Supplied entries →
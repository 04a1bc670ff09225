-- ===== src/Usgs/Event.antt =====
-- The methods of `UsgsEvent` in services/ingestion-usgs/src/ingestion_usgs/parser.py.
pub mod Feature
use sentinel_chain.Base.{String, Option, none, some}
use sentinel_chain.Base.Result.{Result, ok, err, ◌>>=◌}
use sentinel_chain.Base.Runtime.{Runtime, StdError}
use sentinel_chain.Base.Json.{Json, null, float, str, Fields, end, field}
use sentinel_chain.Common.Time.{isoformat_utc}
use sentinel_chain.Usgs.Parser.{UsgsEvent}

abbrev pub text_json : {F : Type 0} → Option String → Json F
text_json none = null
text_json (some s) = str s

abbrev pub float_json : {F : Type 0} → Option F → Json F
float_json none = null
float_json (some x) = float x

module _ (R : Runtime) where
  unfoldable pub source_version : UsgsEvent R → Result StdError String
  unfolding isoformat_utc
  source_version e = isoformat_utc R e.updated_time

  unfoldable pub payload : UsgsEvent R → Result StdError (Fields R.Float)
  unfolding isoformat_utc
  payload e = do
    event_time ← isoformat_utc R e.event_time
    updated_time ← isoformat_utc R e.updated_time
    ok (
        field "source_event_id" (str e.source_event_id) (
          field "magnitude" (float_json e.magnitude) (
            field "latitude" (float e.latitude) (
              field "longitude" (float e.longitude) (
                field "depth_km" (float_json e.depth_km) (
                  field "place" (text_json e.place) (
                    field "event_time" (str event_time) (
                      field "updated_time" (str updated_time)
                        (field "source_url" (text_json e.source_url) end)))))))))

  -- `dumps` is `json.dumps(…, sort_keys=True, separators=(",", ":"))`, and `sha256` the
  -- hexadecimal digest of a text's UTF-8 bytes.
  module _ (dumps : Fields R.Float → String) (sha256 : String → String) where
    unfoldable pub payload_hash : UsgsEvent R → Result StdError String
    unfolding payload
    payload_hash e = do p ← payload e; ok (sha256 (dumps p))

Work task → Find the lines above that hold "String", then copy each of them.

Response to this task →
use sentinel_chain.Base.{String, Option, none, some}
abbrev pub text_json : {F : Type 0} → Option String → Json F
  unfoldable pub source_version : UsgsEvent R → Result StdError String
  module _ (dumps : Fields R.Float → String) (sha256 : String → String) where
    unfoldable pub payload_hash : UsgsEvent R → Result StdError String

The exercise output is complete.